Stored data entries
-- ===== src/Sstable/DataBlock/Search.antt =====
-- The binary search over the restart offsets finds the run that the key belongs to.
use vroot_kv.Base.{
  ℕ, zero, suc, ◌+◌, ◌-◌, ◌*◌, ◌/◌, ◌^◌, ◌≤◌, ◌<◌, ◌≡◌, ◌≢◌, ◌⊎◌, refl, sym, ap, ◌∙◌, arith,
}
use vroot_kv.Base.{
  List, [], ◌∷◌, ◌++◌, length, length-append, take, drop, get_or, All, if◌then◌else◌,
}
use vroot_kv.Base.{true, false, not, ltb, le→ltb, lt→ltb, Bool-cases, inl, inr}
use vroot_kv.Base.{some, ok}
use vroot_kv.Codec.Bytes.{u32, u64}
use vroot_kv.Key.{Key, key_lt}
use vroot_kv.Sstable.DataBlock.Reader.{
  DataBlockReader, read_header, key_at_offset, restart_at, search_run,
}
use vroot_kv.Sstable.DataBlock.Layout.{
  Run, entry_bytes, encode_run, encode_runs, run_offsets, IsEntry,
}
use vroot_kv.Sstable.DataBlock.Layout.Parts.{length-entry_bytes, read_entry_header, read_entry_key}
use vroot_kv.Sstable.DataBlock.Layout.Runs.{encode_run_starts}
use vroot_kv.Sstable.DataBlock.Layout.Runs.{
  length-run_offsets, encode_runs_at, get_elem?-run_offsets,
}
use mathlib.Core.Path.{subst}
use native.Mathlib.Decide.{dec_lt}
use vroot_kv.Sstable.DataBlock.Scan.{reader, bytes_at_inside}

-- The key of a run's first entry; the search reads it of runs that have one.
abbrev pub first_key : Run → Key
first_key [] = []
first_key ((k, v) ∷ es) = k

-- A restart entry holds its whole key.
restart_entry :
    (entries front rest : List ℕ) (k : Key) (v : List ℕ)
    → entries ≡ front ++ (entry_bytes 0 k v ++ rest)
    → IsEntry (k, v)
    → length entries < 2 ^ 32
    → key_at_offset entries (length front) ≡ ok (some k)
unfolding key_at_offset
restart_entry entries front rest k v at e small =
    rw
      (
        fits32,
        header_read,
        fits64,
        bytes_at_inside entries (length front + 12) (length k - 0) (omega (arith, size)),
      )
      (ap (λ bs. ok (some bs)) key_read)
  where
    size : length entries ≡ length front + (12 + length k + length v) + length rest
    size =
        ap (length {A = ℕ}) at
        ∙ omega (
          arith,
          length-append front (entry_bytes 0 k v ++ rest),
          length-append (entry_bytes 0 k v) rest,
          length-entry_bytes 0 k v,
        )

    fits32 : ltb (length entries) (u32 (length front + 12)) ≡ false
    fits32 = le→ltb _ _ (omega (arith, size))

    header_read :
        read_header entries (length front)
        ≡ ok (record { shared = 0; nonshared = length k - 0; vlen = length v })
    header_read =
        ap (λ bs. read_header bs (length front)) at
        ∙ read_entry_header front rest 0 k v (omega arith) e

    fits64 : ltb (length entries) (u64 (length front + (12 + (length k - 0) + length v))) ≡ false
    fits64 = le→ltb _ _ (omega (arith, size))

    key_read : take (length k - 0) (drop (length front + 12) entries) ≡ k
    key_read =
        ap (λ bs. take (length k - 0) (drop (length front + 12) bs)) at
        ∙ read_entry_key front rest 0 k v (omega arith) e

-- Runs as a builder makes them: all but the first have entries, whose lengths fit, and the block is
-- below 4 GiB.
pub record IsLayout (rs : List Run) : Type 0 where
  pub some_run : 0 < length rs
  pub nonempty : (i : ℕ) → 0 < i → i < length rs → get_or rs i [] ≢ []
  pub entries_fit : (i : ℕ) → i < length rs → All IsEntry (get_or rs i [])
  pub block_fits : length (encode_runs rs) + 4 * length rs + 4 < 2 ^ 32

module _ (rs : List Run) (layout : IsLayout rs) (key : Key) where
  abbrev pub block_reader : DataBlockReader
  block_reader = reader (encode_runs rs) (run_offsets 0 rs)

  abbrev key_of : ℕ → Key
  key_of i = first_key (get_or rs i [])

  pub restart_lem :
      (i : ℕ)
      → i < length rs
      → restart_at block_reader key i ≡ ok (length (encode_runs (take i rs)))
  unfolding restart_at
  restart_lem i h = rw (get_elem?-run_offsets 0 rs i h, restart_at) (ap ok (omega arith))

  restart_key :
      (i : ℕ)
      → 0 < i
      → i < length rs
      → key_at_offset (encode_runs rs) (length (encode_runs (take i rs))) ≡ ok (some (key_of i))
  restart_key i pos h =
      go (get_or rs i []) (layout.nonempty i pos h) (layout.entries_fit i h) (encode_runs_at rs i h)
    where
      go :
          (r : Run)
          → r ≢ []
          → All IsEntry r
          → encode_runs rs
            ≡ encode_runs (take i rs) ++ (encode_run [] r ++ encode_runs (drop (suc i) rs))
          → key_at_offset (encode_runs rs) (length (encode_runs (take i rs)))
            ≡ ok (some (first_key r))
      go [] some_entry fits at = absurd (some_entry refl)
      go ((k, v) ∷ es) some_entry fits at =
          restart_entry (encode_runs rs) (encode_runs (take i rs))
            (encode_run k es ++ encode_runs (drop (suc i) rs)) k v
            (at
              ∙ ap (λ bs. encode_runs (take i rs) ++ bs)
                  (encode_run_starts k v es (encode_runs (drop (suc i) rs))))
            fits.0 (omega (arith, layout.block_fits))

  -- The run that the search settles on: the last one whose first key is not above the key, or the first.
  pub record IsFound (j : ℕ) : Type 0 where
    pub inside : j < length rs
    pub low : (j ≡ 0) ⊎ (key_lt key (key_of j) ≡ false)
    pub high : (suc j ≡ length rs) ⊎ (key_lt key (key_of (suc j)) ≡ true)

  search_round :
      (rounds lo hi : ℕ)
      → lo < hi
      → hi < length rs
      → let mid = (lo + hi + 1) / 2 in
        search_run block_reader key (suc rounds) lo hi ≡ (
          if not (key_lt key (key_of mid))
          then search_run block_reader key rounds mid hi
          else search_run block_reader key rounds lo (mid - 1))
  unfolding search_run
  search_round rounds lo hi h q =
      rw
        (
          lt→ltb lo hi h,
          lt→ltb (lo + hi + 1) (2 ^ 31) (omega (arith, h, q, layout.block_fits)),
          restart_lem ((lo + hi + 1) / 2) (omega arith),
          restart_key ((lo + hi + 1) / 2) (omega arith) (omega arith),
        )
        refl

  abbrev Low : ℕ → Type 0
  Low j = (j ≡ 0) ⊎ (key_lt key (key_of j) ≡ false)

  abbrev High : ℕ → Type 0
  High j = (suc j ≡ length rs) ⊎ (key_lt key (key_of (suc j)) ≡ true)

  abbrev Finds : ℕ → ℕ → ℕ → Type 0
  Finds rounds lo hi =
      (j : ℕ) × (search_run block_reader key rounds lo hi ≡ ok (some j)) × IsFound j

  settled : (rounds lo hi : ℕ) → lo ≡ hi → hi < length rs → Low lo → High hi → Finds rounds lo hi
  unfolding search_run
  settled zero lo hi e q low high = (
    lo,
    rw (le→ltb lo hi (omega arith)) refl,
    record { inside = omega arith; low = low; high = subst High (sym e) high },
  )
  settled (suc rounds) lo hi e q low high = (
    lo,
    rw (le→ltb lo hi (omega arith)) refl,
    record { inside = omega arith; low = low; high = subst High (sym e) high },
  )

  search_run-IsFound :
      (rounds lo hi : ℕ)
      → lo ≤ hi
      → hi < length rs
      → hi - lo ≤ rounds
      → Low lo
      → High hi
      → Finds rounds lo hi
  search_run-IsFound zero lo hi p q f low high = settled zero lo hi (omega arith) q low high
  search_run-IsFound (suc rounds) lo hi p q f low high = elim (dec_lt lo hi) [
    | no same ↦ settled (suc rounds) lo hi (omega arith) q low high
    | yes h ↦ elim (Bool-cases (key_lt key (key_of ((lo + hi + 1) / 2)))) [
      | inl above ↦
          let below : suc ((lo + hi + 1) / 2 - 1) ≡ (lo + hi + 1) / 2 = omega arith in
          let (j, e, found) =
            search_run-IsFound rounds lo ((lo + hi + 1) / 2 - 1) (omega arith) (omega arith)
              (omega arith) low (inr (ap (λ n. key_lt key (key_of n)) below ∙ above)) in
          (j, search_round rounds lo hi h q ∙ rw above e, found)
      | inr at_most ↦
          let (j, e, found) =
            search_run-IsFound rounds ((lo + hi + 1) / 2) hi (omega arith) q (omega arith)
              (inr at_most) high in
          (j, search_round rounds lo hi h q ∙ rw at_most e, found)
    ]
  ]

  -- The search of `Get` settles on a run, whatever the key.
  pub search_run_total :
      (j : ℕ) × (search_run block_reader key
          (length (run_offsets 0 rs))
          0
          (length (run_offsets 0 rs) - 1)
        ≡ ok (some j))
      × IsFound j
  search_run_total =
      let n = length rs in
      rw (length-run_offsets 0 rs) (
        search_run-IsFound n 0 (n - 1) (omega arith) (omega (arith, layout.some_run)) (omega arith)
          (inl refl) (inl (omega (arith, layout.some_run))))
==
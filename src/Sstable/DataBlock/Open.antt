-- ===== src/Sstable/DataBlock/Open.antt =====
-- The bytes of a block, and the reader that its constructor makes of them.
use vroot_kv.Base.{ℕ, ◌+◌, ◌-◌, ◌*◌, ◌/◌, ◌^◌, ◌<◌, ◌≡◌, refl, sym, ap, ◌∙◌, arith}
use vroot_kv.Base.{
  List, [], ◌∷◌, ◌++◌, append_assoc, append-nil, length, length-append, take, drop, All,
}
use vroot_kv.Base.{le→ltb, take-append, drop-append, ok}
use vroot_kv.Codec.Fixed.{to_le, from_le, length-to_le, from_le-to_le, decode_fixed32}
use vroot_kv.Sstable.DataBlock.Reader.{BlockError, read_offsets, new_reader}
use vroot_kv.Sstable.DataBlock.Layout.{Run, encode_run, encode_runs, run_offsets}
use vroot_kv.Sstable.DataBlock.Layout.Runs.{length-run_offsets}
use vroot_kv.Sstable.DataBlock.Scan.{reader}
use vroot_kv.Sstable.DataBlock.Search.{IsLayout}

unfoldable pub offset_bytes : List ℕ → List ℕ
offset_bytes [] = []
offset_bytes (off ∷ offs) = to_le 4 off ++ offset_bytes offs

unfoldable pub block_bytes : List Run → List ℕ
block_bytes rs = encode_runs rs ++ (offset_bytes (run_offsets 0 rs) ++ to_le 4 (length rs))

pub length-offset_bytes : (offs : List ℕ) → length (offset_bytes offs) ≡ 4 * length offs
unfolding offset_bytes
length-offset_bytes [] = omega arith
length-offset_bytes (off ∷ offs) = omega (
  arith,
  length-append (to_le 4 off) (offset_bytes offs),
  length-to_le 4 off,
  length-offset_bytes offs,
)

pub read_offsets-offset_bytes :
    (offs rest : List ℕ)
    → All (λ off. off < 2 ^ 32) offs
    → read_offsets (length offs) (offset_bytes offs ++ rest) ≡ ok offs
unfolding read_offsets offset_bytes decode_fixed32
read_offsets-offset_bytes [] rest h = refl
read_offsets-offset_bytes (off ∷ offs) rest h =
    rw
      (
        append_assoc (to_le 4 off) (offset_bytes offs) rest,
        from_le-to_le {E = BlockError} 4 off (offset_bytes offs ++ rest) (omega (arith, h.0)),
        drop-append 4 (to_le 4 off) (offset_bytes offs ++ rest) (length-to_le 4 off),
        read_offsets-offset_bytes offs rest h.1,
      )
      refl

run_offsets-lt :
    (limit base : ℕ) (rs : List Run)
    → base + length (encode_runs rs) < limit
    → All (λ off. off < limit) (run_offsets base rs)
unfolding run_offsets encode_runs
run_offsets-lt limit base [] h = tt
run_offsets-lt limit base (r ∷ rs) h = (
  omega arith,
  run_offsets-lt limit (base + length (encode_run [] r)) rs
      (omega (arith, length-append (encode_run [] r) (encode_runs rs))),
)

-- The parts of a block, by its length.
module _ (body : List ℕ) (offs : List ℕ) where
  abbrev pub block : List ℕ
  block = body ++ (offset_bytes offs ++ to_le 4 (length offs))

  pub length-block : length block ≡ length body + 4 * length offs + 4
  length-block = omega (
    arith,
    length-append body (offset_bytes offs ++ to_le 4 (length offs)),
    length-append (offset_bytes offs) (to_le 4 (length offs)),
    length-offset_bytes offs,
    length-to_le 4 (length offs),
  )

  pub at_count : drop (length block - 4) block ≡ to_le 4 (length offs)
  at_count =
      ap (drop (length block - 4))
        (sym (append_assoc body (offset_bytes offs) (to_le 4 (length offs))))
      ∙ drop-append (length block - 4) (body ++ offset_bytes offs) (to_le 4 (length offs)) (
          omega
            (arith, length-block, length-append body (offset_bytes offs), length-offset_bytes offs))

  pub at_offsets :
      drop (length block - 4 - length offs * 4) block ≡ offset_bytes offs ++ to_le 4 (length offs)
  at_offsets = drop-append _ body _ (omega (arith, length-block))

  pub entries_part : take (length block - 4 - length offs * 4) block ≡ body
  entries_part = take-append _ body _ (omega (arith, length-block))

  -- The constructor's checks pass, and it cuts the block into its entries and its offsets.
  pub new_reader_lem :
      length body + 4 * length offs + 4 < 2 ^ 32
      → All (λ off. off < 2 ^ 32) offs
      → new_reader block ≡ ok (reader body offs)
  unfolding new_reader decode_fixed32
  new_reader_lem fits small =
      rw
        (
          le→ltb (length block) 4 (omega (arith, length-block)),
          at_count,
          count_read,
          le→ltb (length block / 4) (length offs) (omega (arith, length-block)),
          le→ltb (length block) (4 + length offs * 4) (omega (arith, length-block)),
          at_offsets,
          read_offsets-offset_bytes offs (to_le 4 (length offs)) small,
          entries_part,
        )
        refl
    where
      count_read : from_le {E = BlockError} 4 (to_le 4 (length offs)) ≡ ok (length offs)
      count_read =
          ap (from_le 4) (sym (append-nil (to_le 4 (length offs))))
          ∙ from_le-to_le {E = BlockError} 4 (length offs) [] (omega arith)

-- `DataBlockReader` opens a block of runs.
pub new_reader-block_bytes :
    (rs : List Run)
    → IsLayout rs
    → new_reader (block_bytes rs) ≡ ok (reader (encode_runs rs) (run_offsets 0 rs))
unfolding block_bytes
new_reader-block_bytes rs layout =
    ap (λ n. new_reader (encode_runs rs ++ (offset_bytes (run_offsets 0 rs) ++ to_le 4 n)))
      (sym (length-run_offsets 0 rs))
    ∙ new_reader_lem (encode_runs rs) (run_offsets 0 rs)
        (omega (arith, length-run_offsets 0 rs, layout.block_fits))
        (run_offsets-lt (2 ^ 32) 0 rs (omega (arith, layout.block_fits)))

What to produce:
Please write out, exactly as they appear above, only the lines in the stretch from the line with "ap (λ n. new_reader" through the line with "(run_offsets-lt (2 ^".

Exercise output:
    ap (λ n. new_reader (encode_runs rs ++ (offset_bytes (run_offsets 0 rs) ++ to_le 4 n)))
      (sym (length-run_offsets 0 rs))
    ∙ new_reader_lem (encode_runs rs) (run_offsets 0 rs)
        (omega (arith, length-run_offsets 0 rs, layout.block_fits))
        (run_offsets-lt (2 ^ 32) 0 rs (omega (arith, layout.block_fits)))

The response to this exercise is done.